Soviet Officials Read the Iranian Authorities Well
After the outbreak of the hostage crisis in November 1979, Shebarshin’s reports to Moscow became increasingly negative. While the Soviet ambassador in Tehran, Vladimir Vinogradov, interpreted Khomeini’s approach as hostile to Moscow but cautious out of fear of clashing with both superpowers at the same time, the KGB rezident perceived it as ever more openly hostile. Shebarshin’s reports spoke of three scenarios: (1) the Americans would carry out a successful operation to overthrow the regime; (2) Khomeini’s reactionary followers would take power and overcome differences with the United States; (3) the Ayatollah would remain in power, but antisovietism within him would grow stronger and he would begin inciting Muslims to revolt throughout the entire region.

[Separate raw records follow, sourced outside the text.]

-- ===== src/PdlInterpreter/Merge.antt =====
-- Writing a value into a field of another value, bit by bit (src/warptap/pdl_interpreter.py).
use Prim.Native.Nat.{min, max, differ, bit_and, bit_or}
use warptap.Base.{
  ℕ, zero, suc, ◌-◌, ◌*◌, ◌^◌, ◌≤◌, ◌<◌, ltb, leb, if◌then◌else◌, false, ◌&&◌, ok, ◌≡◌, refl, ap,
  ap₂, ◌∙◌, arith,
}
use warptap.Base.BitOf.{bit, bit-lt, bit-bit_and, bit-bit_or, bit-bit_xor, bit-shifted, bit-ones}
use warptap.PdlInterpreter.Fields.{and_not, set_bit_range}

mask_bit :
    (low high k : ℕ)
    → low ≤ suc high
    → bit ((2 ^ (suc high - low) - 1) * 2 ^ low) k ≡ (if leb low k && leb k high then 1 else 0)
mask_bit low high k h =
    bit-shifted (2 ^ (suc high - low) - 1) low k
    ∙ ap (λ t. if ltb k low then 0 else t) (bit-ones (suc high - low) (k - low))
    ∙ ground arith

keep_or_take :
    (c v : ℕ)
    → c < 2
    → v < 2
    → (max (differ c (min c 0)) (min v 0) ≡ c) × (max (differ c (min c 1)) (min v 1) ≡ v)
keep_or_take zero v h h' = (omega arith, omega arith)
keep_or_take (suc zero) v h h' = (omega arith, omega arith)
keep_or_take (suc (suc c)) v h h' = absurd (omega arith)

choose :
    (c v low high k : ℕ)
    → c < 2
    → v < 2
    → max
        (differ c (min c (if leb low k && leb k high then 1 else 0)))
        (min (if ltb k low then 0 else v) (if leb low k && leb k high then 1 else 0))
      ≡ (if leb low k && leb k high then v else c)
choose c v low high k h h' = ground (arith, keep_or_take c v h h', keep_or_take c 0 h (omega arith))

-- If the field does not end more than one bit before it begins, `_set_bit_range` returns, and in its
-- result each bit of the field is the bit of the value that stands as far from bit 0 as it stands from
-- the low end of the field, and each other bit is that of the current value.
pub set_bit_range-bit :
    (current low high value k : ℕ)
    → low ≤ suc high
    → (merged : ℕ) × (set_bit_range current low high value ≡ ok merged)
      × (bit merged k ≡ (if leb low k && leb k high then bit value (k - low) else bit current k))
unfolding set_bit_range
set_bit_range-bit current low high value k h =
    let mask = (2 ^ (suc high - low) - 1) * 2 ^ low in
    let no_error : ltb (suc high) low ≡ false = ground arith in
    (
      bit_or (and_not current mask) (bit_and (value * 2 ^ low) mask),
      rw no_error refl,
      bit-bit_or (and_not current mask) (bit_and (value * 2 ^ low) mask) k
          ∙ ap₂ max
              (bit-bit_xor current (bit_and current mask) k
                ∙ ap (differ (bit current k)) (bit-bit_and current mask k))
              (bit-bit_and (value * 2 ^ low) mask k
                ∙ ap (λ t. min t (bit mask k)) (bit-shifted value low k))
          ∙ ap
              (λ m.
                max (differ (bit current k) (min (bit current k) m))
                  (min (if ltb k low then 0 else bit value (k - low)) m))
              (mask_bit low high k h)
          ∙ choose (bit current k) (bit value (k - low)) low high k (bit-lt current k)
              (bit-lt value (k - low)),
    )
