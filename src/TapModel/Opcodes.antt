-- ===== src/TapModel/Opcodes.antt =====
-- Instructions, their opcodes, and the checks on configured values (src/warptap/tap_model.py).
use warptap.Base.{
  ℕ, ◌-◌, ◌^◌, ◌%◌, ◌==◌, ltb, if◌then◌else◌, Bool, true, false, ◌&&◌, Option, none, some,
}

pub data Instruction : Type 0 where
  extest sample_preload idcode bypass ijtag_access : Instruction

-- `dict` keys are compared for identity.
abbrev pub same_instruction : Instruction → Instruction → Bool
same_instruction extest extest = true
same_instruction sample_preload sample_preload = true
same_instruction idcode idcode = true
same_instruction bypass bypass = true
same_instruction ijtag_access ijtag_access = true
same_instruction _ _ = false

abbrev pub default_ir_width : ℕ
default_ir_width = 4

abbrev pub opcode_extest : ℕ
opcode_extest = 0b0000

abbrev pub opcode_sample_preload : ℕ
opcode_sample_preload = 0b0010

abbrev pub opcode_idcode : ℕ
opcode_idcode = 0b0001

abbrev pub opcode_ijtag_access : ℕ
opcode_ijtag_access = 0b1100

abbrev pub capture_ir_pattern : ℕ
capture_ir_pattern = opcode_idcode

abbrev pub idcode_default : ℕ
idcode_default = 0x1A5A5003

-- A Python object that is given for an integer: a non-negative int, the int -(n + 1), or anything
-- else, a bool included.
pub data Value : Type 0 where
  int_pos : ℕ → Value
  int_negsuc : ℕ → Value
  not_int : Value

-- The number of a value that a check has accepted.
abbrev pub value_of : Value → ℕ
value_of (int_pos n) = n
value_of _ = 0

-- What the messages of the two checks say.
pub data Problem : Type 0 where
  not_an_int not_32_bits bit_0_clear does_not_fit : Problem
  already_taken : Instruction → Problem

unfoldable pub idcode_value_error : Value → Option Problem
idcode_value_error not_int = some not_an_int
idcode_value_error (int_negsuc n) = some not_32_bits
idcode_value_error (int_pos value) =
    if ltb value (2 ^ 32)
    then if value % 2 == 1 then none else some bit_0_clear
    else some not_32_bits

unfoldable pub bypass_opcode : ℕ → ℕ
bypass_opcode ir_width = 2 ^ ir_width - 1

unfoldable pub network_access_instruction : Option ℕ → Instruction
network_access_instruction none = extest
network_access_instruction (some _) = ijtag_access

-- `opcode in taken`. The last key of the dict wins where BYPASS's opcode is one of the others.
unfoldable pub ijtag_access_opcode_error : Value → ℕ → Option Problem
unfolding bypass_opcode
ijtag_access_opcode_error not_int ir_width = some not_an_int
ijtag_access_opcode_error (int_negsuc n) ir_width = some does_not_fit
ijtag_access_opcode_error (int_pos opcode) ir_width =
    if ltb opcode (2 ^ ir_width)
    then if opcode == bypass_opcode ir_width
      then some (already_taken bypass)
      else if opcode == opcode_extest
      then some (already_taken extest)
      else if opcode == opcode_sample_preload
      then some (already_taken sample_preload)
      else if opcode == opcode_idcode
      then some (already_taken idcode)
      else none
    else some does_not_fit

-- The tests that both branches on `ijtag_access_opcode` fall through to.
decode_rest : ℕ → ℕ → Bool → Instruction
unfolding bypass_opcode
decode_rest opcode ir_width has_idcode =
    if has_idcode && opcode == opcode_idcode
    then idcode
    else if opcode == bypass_opcode ir_width
    then bypass
    else bypass

unfoldable pub decode_instruction : ℕ → ℕ → Bool → Option ℕ → Instruction
unfolding decode_rest
decode_instruction opcode ir_width has_idcode (some ijtag_access_opcode) =
    if opcode == ijtag_access_opcode then ijtag_access else decode_rest opcode ir_width has_idcode
decode_instruction opcode ir_width has_idcode none =
    if opcode == opcode_extest
    then extest
    else if opcode == opcode_sample_preload
    then sample_preload
    else decode_rest opcode ir_width has_idcode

It turned out that in some ways both Vinogradov and Shebarshin were right.
Although he never abandoned his public condemnations of communism and the USSR as the “other great Satan,” Khomeini always took care to avoid an open conflict with the Soviets. All the positive goals Moscow set regarding Iran proved to be mere fantasies. Moscow’s failure to dissuade its ally Saddam Hussein from attacking Iran in September 1980 also meant that the Soviet desire to establish a regional anti-imperialist front would not be realized.
The Collapse of Tudeh
The KGB’s methods of constant intelligence gathering contributed to the collapse of the Tudeh Party. Under the pretext that its members were Soviet spies, the Islamists crushed the Iranian Communist Party. Several thousand communists were arrested, and hundreds executed. As a gesture of goodwill toward the Soviets, the lives of the main party leaders were spared; however, while in prison, many of them converted to Islam—an indication of the ideological collapse of Iranian communism. General Shebarshin was expelled, but soon afterward, at the KGB’s Moscow headquarters, as head of foreign intelligence departments and operations, he got the opportunity to spread his anti-Islamic views widely.